(Collected data entries)
-- ===== src/Ibverbs/Connections/Legal.antt =====
-- The rules that the verbs give for releasing the objects of a connection, and that the teardowns
-- keep them.
use mathlib.Core.List.{append_assoc}
use lethe.Base.{
  ℕ, suc, ◌≡◌, refl, ◌∙◌, ap, sym, subst, Bool, true, false, Option, none, some, List, [], ◌∷◌,
  ◌++◌, if◌then◌else◌, get_or, set, not, ◌&&◌, ◌||◌, arith, length, length-append,
}
use lethe.Ibverbs.Connections.{
  Link, Call, join_poller, destroy_qp, destroy_cq, dealloc_pd, destroy_id, destroy_channel,
  dereg_recv, dereg_send, call_if, dereg_bufs, teardown, hang_up,
}

abbrev pub any_true : List Bool → Bool
any_true [] = false
any_true (b ∷ bs) = b || any_true bs

abbrev cleared : List Bool → List Bool
cleared [] = []
cleared (b ∷ bs) = false ∷ cleared bs

any_true-cleared : (bs : List Bool) → any_true (cleared bs) ≡ false
any_true-cleared [] = refl
any_true-cleared (b ∷ bs) = any_true-cleared bs

get_or-middle :
    (before bs : List Bool) (b : Bool) → get_or (before ++ b ∷ bs) (length before) false ≡ b
get_or-middle [] bs b = refl
get_or-middle (c ∷ before) bs b = get_or-middle before bs b

set-middle :
    (before bs : List Bool) (b : Bool)
    → set (before ++ b ∷ bs) (length before) false ≡ before ++ false ∷ bs
set-middle [] bs b = refl
set-middle (c ∷ before) bs b = ap (λ l. c ∷ l) (set-middle before bs b)

length-snoc : (before : List Bool) → length (before ++ false ∷ []) ≡ suc (length before)
length-snoc before = omega (arith, length-append before (false ∷ []))

-- What is left of a connection after a call, or none if the call breaks a rule: each object is
-- released once, the queue pair when its poller is gone, the memory regions and the completion queue
-- after the queue pair, the protection domain after those, the rdma_cm_id after the queue pair, and the
-- event channel after the rdma_cm_id.
abbrev pub released : Call → Link → Option Link
released join_poller c = if c.polling then some (record c { polling = false }) else none
released destroy_qp c = if c.qp && not c.polling then some (record c { qp = false }) else none
released (dereg_recv i) c =
    if get_or c.recv_bufs i false && not c.qp
    then some (record c { recv_bufs = set c.recv_bufs i false })
    else none
released (dereg_send i) c =
    if get_or c.send_bufs i false && not c.qp
    then some (record c { send_bufs = set c.send_bufs i false })
    else none
released destroy_cq c = if c.cq && not c.qp then some (record c { cq = false }) else none
released destroy_id c = if c.cm_id && not c.qp then some (record c { cm_id = false }) else none
released destroy_channel c =
    if c.channel && not c.cm_id then some (record c { channel = false }) else none
released dealloc_pd c =
    if c.pd && not (c.qp || c.cq || any_true c.recv_bufs || any_true c.send_bufs)
    then some (record c { pd = false })
    else none

pub replay : List Call → Link → Option Link
replay [] c = some c
replay (call ∷ calls) c = elim (released call c) [ none ↦ none | some d ↦ replay calls d ]

-- No object of the verbs is left of the connection, and no thread.
pub record IsGone (c : Link) : Type 0 where
  pub no_thread : c.polling ≡ false
  pub no_qp : c.qp ≡ false
  pub no_recv : any_true c.recv_bufs ≡ false
  pub no_send : any_true c.send_bufs ≡ false
  pub no_cq : c.cq ≡ false
  pub no_pd : c.pd ≡ false

-- Calls that may be made and that leave the rdma_cm_id and the event channel as they were, and
-- nothing else.
abbrev pub Clears : List Call → Link → Type 0
Clears calls c =
    (d : Link) × (replay calls c ≡ some d)
    × IsGone d
    × (d.cm_id ≡ c.cm_id)
    × (d.channel ≡ c.channel)

replay-step :
    (call : Call) (calls : List Call) (c d : Link)
    → released call c ≡ some d
    → replay (call ∷ calls) c ≡ replay calls d
unfolding replay
replay-step call calls c d h = rw (replay, h) refl

module _ (inbound stop cm_id channel : Bool) where
  abbrev link : Bool → Bool → Bool → List Bool → List Bool → Bool → Link
  link pd cq qp recv_bufs send_bufs polling = record {
    inbound = inbound;
    cm_id = cm_id;
    channel = channel;
    pd = pd;
    cq = cq;
    qp = qp;
    recv_bufs = recv_bufs;
    send_bufs = send_bufs;
    polling = polling;
    stop = stop;
  }

  join-replay :
      (pd cq qp polling : Bool) (rs ss : List Bool) (calls : List Call)
      → replay (call_if polling join_poller [] ++ calls) (link pd cq qp rs ss polling)
        ≡ replay calls (link pd cq qp rs ss false)
  unfolding replay
  join-replay pd cq qp true rs ss calls = refl
  join-replay pd cq qp false rs ss calls = refl

  qp-replay :
      (pd cq qp : Bool) (rs ss : List Bool) (calls : List Call)
      → replay (call_if qp destroy_qp [] ++ calls) (link pd cq qp rs ss false)
        ≡ replay calls (link pd cq false rs ss false)
  unfolding replay
  qp-replay pd cq true rs ss calls = refl
  qp-replay pd cq false rs ss calls = refl

  cq-replay :
      (pd cq : Bool) (rs ss : List Bool) (calls : List Call)
      → replay (call_if cq destroy_cq [] ++ calls) (link pd cq false rs ss false)
        ≡ replay calls (link pd false false rs ss false)
  unfolding replay
  cq-replay pd true rs ss calls = refl
  cq-replay pd false rs ss calls = refl

  pd-replay :
      (pd : Bool) (rs ss : List Bool)
      → any_true rs ≡ false
      → any_true ss ≡ false
      → replay (call_if pd dealloc_pd []) (link pd false false rs ss false)
        ≡ some (link false false false rs ss false)
  unfolding replay
  pd-replay true rs ss h k = rw (h, k) refl
  pd-replay false rs ss h k = refl

  -- The deregistrations of the buffers that stand behind the first.
  recv-released :
      (pd cq : Bool) (before bs ss : List Bool)
      → released (dereg_recv (length before)) (link pd cq false (before ++ true ∷ bs) ss false)
        ≡ some (link pd cq false (before ++ false ∷ bs) ss false)
  recv-released pd cq before bs ss =
      rw (get_or-middle before bs true, set-middle before bs true) refl

  send-released :
      (pd cq : Bool) (before bs rs : List Bool)
      → released (dereg_send (length before)) (link pd cq false rs (before ++ true ∷ bs) false)
        ≡ some (link pd cq false rs (before ++ false ∷ bs) false)
  send-released pd cq before bs rs =
      rw (get_or-middle before bs true, set-middle before bs true) refl

  bufs-replay :
      (dereg : ℕ → Call) (at : List Bool → Link)
      → ((before bs : List Bool)
          → released (dereg (length before)) (at (before ++ true ∷ bs))
            ≡ some (at (before ++ false ∷ bs)))
      → (i : ℕ) (before bs all : List Bool) (calls : List Call) → i ≡ length before
      → all ≡ before ++ bs
      → replay (dereg_bufs dereg i bs ++ calls) (at all) ≡ replay calls (at (before ++ cleared bs))
  unfolding replay dereg_bufs
  bufs-replay dereg at step i before [] all calls h k = ap (λ l. replay calls (at l)) k
  bufs-replay dereg at step i before (true ∷ bs) all calls h k =
      let here : released (dereg i) (at all) ≡ some (at (before ++ false ∷ bs)) =
        rw (h, k) (step before bs) in
      replay-step (dereg i) (dereg_bufs dereg (suc i) bs ++ calls) (at all)
        (at (before ++ false ∷ bs)) here
      ∙ (bufs-replay dereg at step (suc i) (before ++ false ∷ []) bs (before ++ false ∷ bs) calls
            (ap suc h ∙ sym (length-snoc before)) (sym (append_assoc before (false ∷ []) bs))
          ∙ ap (λ l. replay calls (at l)) (append_assoc before (false ∷ []) (cleared bs)))
  bufs-replay dereg at step i before (false ∷ bs) all calls h k =
      bufs-replay dereg at step (suc i) (before ++ false ∷ []) bs all calls
        (ap suc h ∙ sym (length-snoc before)) (k ∙ sym (append_assoc before (false ∷ []) bs))
      ∙ ap (λ l. replay calls (at l)) (append_assoc before (false ∷ []) (cleared bs))

  -- What is left of a connection that only its regions, queues and domain are to be taken from.
  abbrev gone : List Bool → List Bool → Link
  gone rs ss = link false false false rs ss false

  gone-IsGone :
      (rs ss : List Bool) → any_true rs ≡ false → any_true ss ≡ false → IsGone (gone rs ss)
  gone-IsGone rs ss h k = record {
    no_thread = refl;
    no_qp = refl;
    no_recv = h;
    no_send = k;
    no_cq = refl;
    no_pd = refl;
  }

  tail-replay :
      (pd cq : Bool) (rs ss : List Bool)
      → any_true rs ≡ false
      → any_true ss ≡ false
      → replay (call_if cq destroy_cq [] ++ call_if pd dealloc_pd []) (link pd cq false rs ss false)
        ≡ some (gone rs ss)
  tail-replay pd cq rs ss h k =
      cq-replay pd cq rs ss (call_if pd dealloc_pd []) ∙ pd-replay pd rs ss h k

  teardown-link :
      (pd cq qp polling : Bool) (rs ss : List Bool)
      → replay (teardown (link pd cq qp rs ss polling)) (link pd cq qp rs ss polling)
        ≡ some (gone (cleared rs) (cleared ss))
  unfolding teardown
  teardown-link pd cq qp polling rs ss =
      let tail = call_if cq destroy_cq [] ++ call_if pd dealloc_pd [] in
      let sends = dereg_bufs dereg_send 0 ss ++ tail in
      let recvs = dereg_bufs dereg_recv 0 rs ++ sends in
      join-replay pd cq qp polling rs ss (call_if qp destroy_qp [] ++ recvs)
      ∙ (qp-replay pd cq qp rs ss recvs
          ∙ (bufs-replay dereg_recv (λ l. link pd cq false l ss false)
                (λ before bs. recv-released pd cq before bs ss) 0 [] rs rs sends refl refl
              ∙ (bufs-replay dereg_send (λ l. link pd cq false (cleared rs) l false)
                    (λ before bs. send-released pd cq before bs (cleared rs)) 0 [] ss ss tail refl
                    refl
                  ∙ tail-replay pd cq (cleared rs) (cleared ss) (any_true-cleared rs)
                      (any_true-cleared ss))))

  hang_up-link :
      (pd cq qp polling : Bool) (ss : List Bool)
      → replay (hang_up (link pd cq qp [] ss polling)) (link pd cq qp [] ss polling)
        ≡ some (gone [] (cleared ss))
  unfolding hang_up
  hang_up-link pd cq qp polling ss =
      let tail = call_if cq destroy_cq [] ++ call_if pd dealloc_pd [] in
      let sends = dereg_bufs dereg_send 0 ss ++ tail in
      join-replay pd cq qp polling [] ss (call_if qp destroy_qp [] ++ sends)
      ∙ (qp-replay pd cq qp [] ss sends
          ∙ (bufs-replay dereg_send (λ l. link pd cq false [] l false)
                (λ before bs. send-released pd cq before bs []) 0 [] ss ss tail refl refl
              ∙ tail-replay pd cq [] (cleared ss) refl (any_true-cleared ss)))

pub teardown-Clears : (c : Link) → Clears (teardown c) c
teardown-Clears c = (
  gone c.inbound c.stop c.cm_id c.channel (cleared c.recv_bufs) (cleared c.send_bufs),
  teardown-link c.inbound c.stop c.cm_id c.channel c.pd c.cq c.qp c.polling c.recv_bufs c.send_bufs,
  gone-IsGone c.inbound c.stop c.cm_id c.channel (cleared c.recv_bufs) (cleared c.send_bufs)
      (any_true-cleared c.recv_bufs) (any_true-cleared c.send_bufs),
  refl,
  refl,
)

-- `Disconnect` takes down a connection without receive buffers.
pub hang_up-Clears : (c : Link) → c.recv_bufs ≡ [] → Clears (hang_up c) c
hang_up-Clears c h =
    subst (λ (d : Link). Clears (hang_up d) d) (λ i. record c { recv_bufs = sym h i })
      (
        gone c.inbound c.stop c.cm_id c.channel [] (cleared c.send_bufs),
        hang_up-link c.inbound c.stop c.cm_id c.channel c.pd c.cq c.qp c.polling c.send_bufs,
        gone-IsGone c.inbound c.stop c.cm_id c.channel [] (cleared c.send_bufs) refl
            (any_true-cleared c.send_bufs),
        refl,
        refl,
      )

§ **Exercise**
Filter the entries down to the lines containing "Type". Copy each of those lines.

§ **Your response**
pub record IsGone (c : Link) : Type 0 where
abbrev pub Clears : List Call → Link → Type 0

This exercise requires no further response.